The early stopping is used to prematurely terminate the token generation of the model. Specifically, the early stopping uses different strategies to determine whether the currently generated token sequence meets the early stopping criteria. If so, token generation is terminated prematurely. FastDeploy currently only supports the repetition strategy.

  1. Repetition Strategy
  • The repetition strategy determines whether to trigger the early stopping function by checking the number of times a high-probability token is generated.
  • Specifically, if the probability of generating a token for a batch exceeds a user-set probability threshold for a specified number of consecutive times, token generation for that batch is terminated prematurely.

Usage Instructions

When starting the service, add the early stopping function startup option.

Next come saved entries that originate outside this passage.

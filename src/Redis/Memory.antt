-- ===== src/Redis/Memory.antt =====
-- A server in memory that meets the laws of `Healthy`: the lists are a function of the key.
use pepperbus.Base.{
  ◌+◌, List, [], ◌++◌, map, reverse, some, ◌≡◌, refl, if◌then◌else◌, length, unsnoc, take, drop,
  false, arith,
}
use pepperbus.Base.Int.{pos}
use pepperbus.Base.Text.{Text, text_eq, text_eq_iff, codes}
use pepperbus.Redis.Wire.{Command, Reply, Result, Server, integer, bulk, array, ok}
use pepperbus.Redis.Healthy.{Healthy, popped, shortened, moved, present}

abbrev pub Lists : Type 0
Lists = Text → List Text

-- The lists with one key's list replaced.
abbrev pub put : Text → List Text → Lists → Lists
put k xs s j = if text_eq k j then xs else s j

abbrev pub perform : Command → Lists → Result Reply × Lists
perform (Command.lpush k vs) s =
    (ok (integer (pos (length vs + length (s k)))), put k (reverse vs ++ s k) s)
perform (Command.rpop k) s = (ok (popped (unsnoc (s k))), put k (shortened (unsnoc (s k))) s)
perform (Command.rpoplpush k d) s = (
  ok (popped (unsnoc (s k))),
  let s' = put k (shortened (unsnoc (s k))) s in put d (moved (unsnoc (s k)) ++ s' d) s',
)
perform (Command.llen k) s = (ok (integer (pos (length (s k)))), s)
perform (Command.del k) s = (ok (integer (pos (present (s k)))), put k [] s)
perform (Command.lrange k start stop) s =
    (ok (array (map some (drop start (take (stop + 1) (s k))))), s)
perform (Command.ltrim k start stop) s =
    (ok (bulk (codes "OK")), put k (drop start (take (stop + 1) (s k))) s)

abbrev pub memory : Server
memory = record { Store = Lists; call_n = perform }

pub rpoplpush_law :
    (k d : Text) (s : Lists) (j : Text)
    → text_eq k d ≡ false
    → (perform (Command.rpoplpush k d) s).1 j ≡ (
        if text_eq k j
        then shortened (unsnoc (s k))
        else if text_eq d j
        then moved (unsnoc (s k)) ++ s d
        else s j)
rpoplpush_law k d s j h = ground (arith, text_eq_iff k d, text_eq_iff k j, text_eq_iff d j)

abbrev pub memory_healthy : Healthy memory
memory_healthy = record {
  items = λ s. s;
  lpush_reply = λ k vs s. refl;
  lpush_items = λ k vs s j. refl;
  rpop_reply = λ k s. refl;
  rpop_items = λ k s j. refl;
  rpoplpush_reply = λ k d s. refl;
  rpoplpush_items = rpoplpush_law;
  llen_reply = λ k s. refl;
  llen_items = λ k s j. refl;
  del_reply = λ k s. refl;
  del_items = λ k s j. refl;
  lrange_reply = λ k stop s. refl;
  lrange_items = λ k stop s j. refl;
  ltrim_items = λ k stop s j. refl;
}
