-- ===== src/Redis/Pool.antt =====
-- utility/msgRedis/pool.go: the pool of connections to one Redis server. `Pop` and `Push` are taken
-- apart into the steps between which other callers may run: what is done under one lock, or one
-- operation on the channel, is one step.
pub mod Bounds
pub mod Exceeded
use pepperbus.Base.{
  ℕ, suc, ◌<◌, ◌≡◌, List, [], ◌∷◌, ◌++◌, Bool, true, false, ◌||◌, not, length, ltb, if◌then◌else◌,
  ◌⊎◌,
}
use pepperbus.Base.Int.{ℤ, pos, pos_part, ◌+ℤ◌, ◌-ℤ◌, int64, ltb_ℤ, leb_ℤ}
use pepperbus.Base.Text.{Text}

-- The fields of a connection that the pool reads; `has_err` is `err != nil`.
pub record PoolConn : Type 0 where
  pub id : ℕ
  pub last_active_time : ℤ
  pub is_idle : Bool
  pub has_err : Bool

pub record Pool : Type 0 where
  pub address : Text
  pub password : Text
  pub idle_num : ℤ
  pub active_num : ℤ
  pub max_conn_num : ℤ
  pub max_idle_num : ℤ
  pub create_num : ℤ
  pub create_failed_num : ℤ
  pub wait_timeout_num : ℤ
  pub max_idle_seconds : ℤ
  pub client_pool : List PoolConn

-- `NewPool`; the channel has room for `max_conn_num` connections.
unfoldable pub new_pool : Text → Text → ℤ → ℤ → ℤ → Pool
new_pool address password max_conn_num max_idle_num max_idle_seconds = record {
  address = address;
  password = password;
  idle_num = pos 0;
  active_num = pos 0;
  max_conn_num = max_conn_num;
  max_idle_num = max_idle_num;
  create_num = pos 0;
  create_failed_num = pos 0;
  wait_timeout_num = pos 0;
  max_idle_seconds = max_idle_seconds;
  client_pool = [];
}

abbrev pub inc : ℤ → ℤ
inc z = int64 (z +ℤ pos 1)

abbrev pub dec : ℤ → ℤ
dec z = int64 (z -ℤ pos 1)

-- `p.IdleNum+p.ActiveNum >= p.MaxConnNum`.
unfoldable pub is_full : Pool → Bool
is_full p = leb_ℤ p.max_conn_num (int64 (p.idle_num +ℤ p.active_num))

-- Idle for too long, so that it is pinged before it is used.
unfoldable pub is_old : ℤ → Pool → PoolConn → Bool
is_old now p c = ltb_ℤ p.max_idle_seconds (int64 (now -ℤ c.last_active_time))

-- A connection from the channel that is used, and one that is closed.
unfoldable pub count_used : Pool → Pool
count_used p = record p { idle_num = dec p.idle_num; active_num = inc p.active_num }

unfoldable pub count_dead : Pool → Pool
count_dead p = record p { idle_num = dec p.idle_num }

-- A connection that was dialed, and one that could not be.
unfoldable pub count_created : Pool → Pool
count_created p = record p { active_num = inc p.active_num; create_num = inc p.create_num }

unfoldable pub count_failed : Pool → Pool
count_failed p = record p { create_failed_num = inc p.create_failed_num }

unfoldable pub count_timeout : Pool → Pool
count_timeout p = record p { wait_timeout_num = inc p.wait_timeout_num }

-- A connection that went back to the channel, and one that is closed instead.
unfoldable pub count_pushed : Pool → Pool
count_pushed p = record p { idle_num = inc p.idle_num; active_num = dec p.active_num }

unfoldable pub count_closed : Pool → Pool
count_closed p = record p { active_num = dec p.active_num }

abbrev pub channel_has_room : Pool → Bool
channel_has_room p = ltb (length p.client_pool) (pos_part p.max_conn_num)

-- The pool and its callers: the connections taken from the channel and not yet counted, those in
-- use, those that `Push` looks at, those that it is about to send and those that it is about to
-- close, how many callers dial, and how many connections were sent and not yet counted.
pub record Users : Type 0 where
  pub pool : Pool
  pub taken : List PoolConn
  pub lent : List PoolConn
  pub pushing : List PoolConn
  pub cleared : List PoolConn
  pub closing : List PoolConn
  pub dialing : ℕ
  pub sent : ℕ

abbrev pub used : PoolConn → PoolConn
used c = record c { is_idle = false }

abbrev pub idle : PoolConn → PoolConn
idle c = record c { is_idle = true }

-- `err` of a connection whose call failed.
abbrev pub broken : PoolConn → PoolConn
broken c = record c { has_err = true }

-- The steps of any number of callers, of which at most `dials` dial at a time.
pub data Step (dials : ℕ) : Users → Users → Type 0 where
  takes :
      (w : Users) (c : PoolConn) (rest : List PoolConn)
      → w.pool.client_pool ≡ c ∷ rest
      → Step dials w (record w { pool = record w.pool { client_pool = rest }; taken = c ∷ w.taken })
  -- A connection that is not old, or that answers the ping.
  uses :
      (w : Users) (now : ℤ) (alive : Bool) (xs : List PoolConn) (c : PoolConn) (ys : List PoolConn)
      → w.taken ≡ xs ++ c ∷ ys
      → (not (is_old now w.pool c) || alive) ≡ true
      → Step dials w
          (record w { pool = count_used w.pool; taken = xs ++ ys; lent = used c ∷ w.lent })
  -- An old connection that does not.
  drops :
      (w : Users) (now : ℤ) (xs : List PoolConn) (c : PoolConn) (ys : List PoolConn)
      → w.taken ≡ xs ++ c ∷ ys
      → is_old now w.pool c ≡ true
      → Step dials w (record w { pool = count_dead w.pool; taken = xs ++ ys })
  -- The channel is empty, and the limit is not reached.
  checks :
      (w : Users)
      → is_full w.pool ≡ false
      → w.dialing < dials
      → Step dials w (record w { dialing = suc w.dialing })
  dial_failed :
      (w : Users) (n : ℕ)
      → w.dialing ≡ suc n
      → Step dials w (record w { pool = count_failed w.pool; dialing = n })
  -- `Pop` pushes the connection that it dialed, and goes on to the channel.
  dialed :
      (w : Users) (n : ℕ) (c : PoolConn)
      → w.dialing ≡ suc n
      → c.has_err ≡ false
      → Step dials w
          (record w { pool = count_created w.pool; dialing = n; pushing = idle c ∷ w.pushing })
  times_out :
      (w : Users) → is_full w.pool ≡ true → Step dials w (record w { pool = count_timeout w.pool })
  -- A call over a connection in use fails.
  breaks :
      (w : Users) (xs : List PoolConn) (c : PoolConn) (ys : List PoolConn)
      → w.lent ≡ xs ++ c ∷ ys
      → Step dials w (record w { lent = xs ++ broken c ∷ ys })
  -- `Push` of a connection that is not idle.
  pushes :
      (w : Users) (xs : List PoolConn) (c : PoolConn) (ys : List PoolConn)
      → w.lent ≡ xs ++ c ∷ ys
      → Step dials w (record w { lent = xs ++ ys; pushing = idle c ∷ w.pushing })
  -- A connection with an error, and one that finds too many idle ones.
  rejects :
      (w : Users) (xs : List PoolConn) (c : PoolConn) (ys : List PoolConn)
      → w.pushing ≡ xs ++ c ∷ ys
      → (c.has_err || ltb_ℤ w.pool.max_idle_num w.pool.idle_num) ≡ true
      → Step dials w (record w { pushing = xs ++ ys; closing = c ∷ w.closing })
  discards :
      (w : Users) (xs : List PoolConn) (c : PoolConn) (ys : List PoolConn)
      → w.closing ≡ xs ++ c ∷ ys
      → Step dials w (record w { pool = count_closed w.pool; closing = xs ++ ys })
  clears :
      (w : Users) (xs : List PoolConn) (c : PoolConn) (ys : List PoolConn)
      → w.pushing ≡ xs ++ c ∷ ys
      → (c.has_err || ltb_ℤ w.pool.max_idle_num w.pool.idle_num) ≡ false
      → Step dials w (record w { pushing = xs ++ ys; cleared = c ∷ w.cleared })
  sends :
      (w : Users) (xs : List PoolConn) (c : PoolConn) (ys : List PoolConn)
      → w.cleared ≡ xs ++ c ∷ ys
      → channel_has_room w.pool ≡ true
      → Step dials w (record w {
        pool = record w.pool { client_pool = w.pool.client_pool ++ c ∷ [] };
        cleared = xs ++ ys;
        sent = suc w.sent;
      })
  finds_full :
      (w : Users) (xs : List PoolConn) (c : PoolConn) (ys : List PoolConn)
      → w.cleared ≡ xs ++ c ∷ ys
      → channel_has_room w.pool ≡ false
      → Step dials w (record w { cleared = xs ++ ys; closing = c ∷ w.closing })
  counts :
      (w : Users) (n : ℕ)
      → w.sent ≡ suc n
      → Step dials w (record w { pool = count_pushed w.pool; sent = n })

abbrev pub no_users : Pool → Users
no_users p = record {
  pool = p;
  taken = [];
  lent = [];
  pushing = [];
  cleared = [];
  closing = [];
  dialing = 0;
  sent = 0;
}

pub data Run (dials : ℕ) : ℕ → Users → Users → Type 0 where
  done : (w : Users) → Run dials 0 w w
  then_step : {n : ℕ} {u v w : Users} → Run dials n u v → Step dials v w → Run dials (suc n) u w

  • Online inference startup example:
    • Using default hyperparameters: --enable-early-stop
      python -m fastdeploy.entrypoints.openai.api_server \
      --model baidu/ERNIE-4.5-0.3B-Paddle \
      --port 8180 \
      --metrics-port 8181 \
      --engine-worker-queue-port 8182 \
      --max-model-len 32768 \
      --max-num-seqs 32 \
      --enable-early-stop
      
    • Using custom hyperparameters: --early-stop-config
      python -m fastdeploy.entrypoints.openai.api_server \
      --model baidu/ERNIE-4.5-0.3B-Paddle \
      --port 8180 \
      --metrics-port 8181 \
      --engine-worker-queue-port 8182 \
      --max-model-len 32768 \
      --max-num-seqs 32 \
      --early-stop-config '{"enable_early_stop":true, "window_size": 1000, "threshold": 0.9}'
      
  • Offline reasoning example
    • Use default hyperparameter: enable_early_stop
      from fastdeploy.engine.sampling_params import SamplingParams
      from fastdeploy.entrypoints.llm import LLM
      
      model_name_or_path = "baidu/ERNIE-4.5-0.3B-Paddle"
      
      sampling_params = SamplingParams(temperature=0.1, max_tokens=30)
      llm = LLM(model=model_name_or_path, tensor_parallel_size=1, enable_early_stop=True)
      output = llm.generate(prompts="who are you?", use_tqdm=True, sampling_params=sampling_params)
      
      print(output)
      
    • Use custom hyperparameters: early_stop_config
      from fastdeploy.engine.sampling_params import SamplingParams
      from fastdeploy.entrypoints.llm import LLM
      
      model_name_or_path = "baidu/ERNIE-4.5-0.3B-Paddle"
      early_stop_config = {"enable_early_stop":True, "window_size":1000, "threshold":0.9}
      sampling_params = SamplingParams(temperature=0.1, max_tokens=30)
      llm = LLM(model=model_name_or_path, tensor_parallel_size=1, early_stop_config=early_stop_config) output = llm.generate(prompts="who are you?", use_tqdm=True, sampling_params=sampling_params)
      
      print(output)
      

Parameter Description

  • enable_early_stop: (bool) Whether to enable the early stopping. Default False.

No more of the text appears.